Within the records below, reproduce without change the lines from the line that has "pub record Platform : Type 0 where" through the line that has "unfoldable pub compare_bytes", and only those.

—————

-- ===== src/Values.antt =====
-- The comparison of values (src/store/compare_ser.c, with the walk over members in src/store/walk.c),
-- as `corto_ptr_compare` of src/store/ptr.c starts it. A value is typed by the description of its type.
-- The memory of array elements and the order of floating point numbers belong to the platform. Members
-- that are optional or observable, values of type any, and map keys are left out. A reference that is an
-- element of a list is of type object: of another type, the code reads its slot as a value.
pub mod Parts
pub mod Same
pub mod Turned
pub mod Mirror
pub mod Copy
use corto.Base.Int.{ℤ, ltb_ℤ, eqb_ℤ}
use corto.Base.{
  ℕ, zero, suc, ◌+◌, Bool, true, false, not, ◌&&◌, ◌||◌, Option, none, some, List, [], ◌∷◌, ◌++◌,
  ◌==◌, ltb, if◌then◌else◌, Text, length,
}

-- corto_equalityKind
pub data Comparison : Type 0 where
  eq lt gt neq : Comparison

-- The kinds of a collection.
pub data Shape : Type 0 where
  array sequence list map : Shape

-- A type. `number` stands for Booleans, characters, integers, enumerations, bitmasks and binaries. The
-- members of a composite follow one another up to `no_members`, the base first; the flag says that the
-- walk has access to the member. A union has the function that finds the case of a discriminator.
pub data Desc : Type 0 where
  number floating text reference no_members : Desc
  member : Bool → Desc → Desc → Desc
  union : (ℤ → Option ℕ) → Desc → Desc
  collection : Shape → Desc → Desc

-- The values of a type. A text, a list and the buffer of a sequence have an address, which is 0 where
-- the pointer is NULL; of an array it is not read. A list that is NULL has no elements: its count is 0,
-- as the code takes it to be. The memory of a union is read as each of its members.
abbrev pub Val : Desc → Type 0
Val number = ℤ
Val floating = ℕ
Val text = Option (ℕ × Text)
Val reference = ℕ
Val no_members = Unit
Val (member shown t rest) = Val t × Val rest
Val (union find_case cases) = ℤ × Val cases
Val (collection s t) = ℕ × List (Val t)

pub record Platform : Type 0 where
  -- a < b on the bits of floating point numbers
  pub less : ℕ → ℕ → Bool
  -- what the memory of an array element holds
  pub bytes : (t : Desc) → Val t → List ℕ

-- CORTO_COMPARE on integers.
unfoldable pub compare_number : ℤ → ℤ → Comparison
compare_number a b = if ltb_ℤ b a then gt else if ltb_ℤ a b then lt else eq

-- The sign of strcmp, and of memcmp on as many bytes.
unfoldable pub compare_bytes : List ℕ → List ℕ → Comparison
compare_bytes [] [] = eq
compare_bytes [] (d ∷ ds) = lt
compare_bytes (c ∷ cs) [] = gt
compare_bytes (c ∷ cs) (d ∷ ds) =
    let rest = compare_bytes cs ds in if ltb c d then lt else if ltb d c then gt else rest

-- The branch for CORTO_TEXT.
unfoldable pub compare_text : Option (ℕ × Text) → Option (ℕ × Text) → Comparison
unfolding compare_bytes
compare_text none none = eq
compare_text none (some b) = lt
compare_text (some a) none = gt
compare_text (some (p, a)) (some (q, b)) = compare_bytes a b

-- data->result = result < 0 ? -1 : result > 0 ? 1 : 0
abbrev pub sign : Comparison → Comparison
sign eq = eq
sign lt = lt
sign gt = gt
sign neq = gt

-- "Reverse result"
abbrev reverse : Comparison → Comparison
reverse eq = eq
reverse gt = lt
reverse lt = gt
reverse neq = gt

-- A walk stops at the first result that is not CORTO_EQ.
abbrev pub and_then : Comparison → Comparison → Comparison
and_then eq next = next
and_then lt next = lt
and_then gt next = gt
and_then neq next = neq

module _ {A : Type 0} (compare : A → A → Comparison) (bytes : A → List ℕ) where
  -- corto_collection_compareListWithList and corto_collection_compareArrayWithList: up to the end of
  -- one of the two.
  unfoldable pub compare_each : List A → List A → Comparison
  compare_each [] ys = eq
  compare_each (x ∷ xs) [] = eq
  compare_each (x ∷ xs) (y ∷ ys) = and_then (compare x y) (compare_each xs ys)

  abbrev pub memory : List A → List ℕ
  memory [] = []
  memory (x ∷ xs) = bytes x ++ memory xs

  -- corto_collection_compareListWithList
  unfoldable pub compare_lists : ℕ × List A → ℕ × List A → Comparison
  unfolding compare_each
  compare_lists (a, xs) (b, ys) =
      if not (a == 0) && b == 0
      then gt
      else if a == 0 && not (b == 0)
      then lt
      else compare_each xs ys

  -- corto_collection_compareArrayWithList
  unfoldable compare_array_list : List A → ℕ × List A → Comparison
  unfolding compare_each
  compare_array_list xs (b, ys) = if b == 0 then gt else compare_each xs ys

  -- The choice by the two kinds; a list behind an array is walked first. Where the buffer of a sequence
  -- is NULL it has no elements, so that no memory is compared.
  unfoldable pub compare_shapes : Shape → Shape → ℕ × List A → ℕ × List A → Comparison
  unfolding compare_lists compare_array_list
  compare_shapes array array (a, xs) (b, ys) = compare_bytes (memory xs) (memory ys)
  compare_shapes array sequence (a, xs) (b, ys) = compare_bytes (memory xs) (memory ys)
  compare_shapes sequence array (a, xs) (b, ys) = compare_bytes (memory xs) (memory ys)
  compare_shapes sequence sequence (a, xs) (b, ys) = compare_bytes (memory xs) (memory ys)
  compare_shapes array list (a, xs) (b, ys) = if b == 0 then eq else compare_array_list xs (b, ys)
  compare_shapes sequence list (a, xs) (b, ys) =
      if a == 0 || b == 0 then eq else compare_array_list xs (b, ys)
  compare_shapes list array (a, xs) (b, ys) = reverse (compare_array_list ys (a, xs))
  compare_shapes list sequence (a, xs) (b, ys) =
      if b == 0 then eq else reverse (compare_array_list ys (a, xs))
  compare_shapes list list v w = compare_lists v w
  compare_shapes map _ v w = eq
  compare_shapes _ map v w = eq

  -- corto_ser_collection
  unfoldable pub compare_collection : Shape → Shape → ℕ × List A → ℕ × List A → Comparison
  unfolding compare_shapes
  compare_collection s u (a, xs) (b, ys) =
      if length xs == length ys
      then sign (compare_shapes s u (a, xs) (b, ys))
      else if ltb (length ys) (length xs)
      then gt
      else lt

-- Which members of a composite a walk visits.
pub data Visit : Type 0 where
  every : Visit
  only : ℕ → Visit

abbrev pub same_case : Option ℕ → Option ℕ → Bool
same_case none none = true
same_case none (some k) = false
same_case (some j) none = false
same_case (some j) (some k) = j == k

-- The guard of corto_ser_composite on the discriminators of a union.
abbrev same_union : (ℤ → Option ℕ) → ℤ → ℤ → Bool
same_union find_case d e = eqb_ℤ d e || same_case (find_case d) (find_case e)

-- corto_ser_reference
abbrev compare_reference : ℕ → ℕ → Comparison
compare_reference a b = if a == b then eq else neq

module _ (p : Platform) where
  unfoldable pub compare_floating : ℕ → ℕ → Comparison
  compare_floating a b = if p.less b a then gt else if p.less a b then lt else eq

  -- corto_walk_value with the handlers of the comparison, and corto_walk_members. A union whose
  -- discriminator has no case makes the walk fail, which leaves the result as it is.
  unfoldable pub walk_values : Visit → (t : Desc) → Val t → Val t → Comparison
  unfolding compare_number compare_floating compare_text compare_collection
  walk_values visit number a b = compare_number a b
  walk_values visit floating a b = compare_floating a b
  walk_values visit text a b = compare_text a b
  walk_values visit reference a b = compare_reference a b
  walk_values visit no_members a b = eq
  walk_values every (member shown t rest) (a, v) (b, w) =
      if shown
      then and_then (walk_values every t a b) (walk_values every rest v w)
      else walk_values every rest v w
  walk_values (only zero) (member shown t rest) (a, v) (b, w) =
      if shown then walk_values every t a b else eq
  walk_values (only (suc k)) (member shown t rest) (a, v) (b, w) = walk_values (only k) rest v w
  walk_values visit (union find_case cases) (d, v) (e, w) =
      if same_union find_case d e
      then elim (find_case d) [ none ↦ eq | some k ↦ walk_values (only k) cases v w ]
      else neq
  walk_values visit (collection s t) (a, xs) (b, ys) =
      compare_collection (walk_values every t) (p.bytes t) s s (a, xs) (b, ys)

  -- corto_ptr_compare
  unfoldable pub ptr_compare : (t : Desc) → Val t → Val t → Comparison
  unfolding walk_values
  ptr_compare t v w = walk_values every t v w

—————

Written solution –
pub record Platform : Type 0 where
  -- a < b on the bits of floating point numbers
  pub less : ℕ → ℕ → Bool
  -- what the memory of an array element holds
  pub bytes : (t : Desc) → Val t → List ℕ

-- CORTO_COMPARE on integers.
unfoldable pub compare_number : ℤ → ℤ → Comparison
compare_number a b = if ltb_ℤ b a then gt else if ltb_ℤ a b then lt else eq

-- The sign of strcmp, and of memcmp on as many bytes.
unfoldable pub compare_bytes : List ℕ → List ℕ → Comparison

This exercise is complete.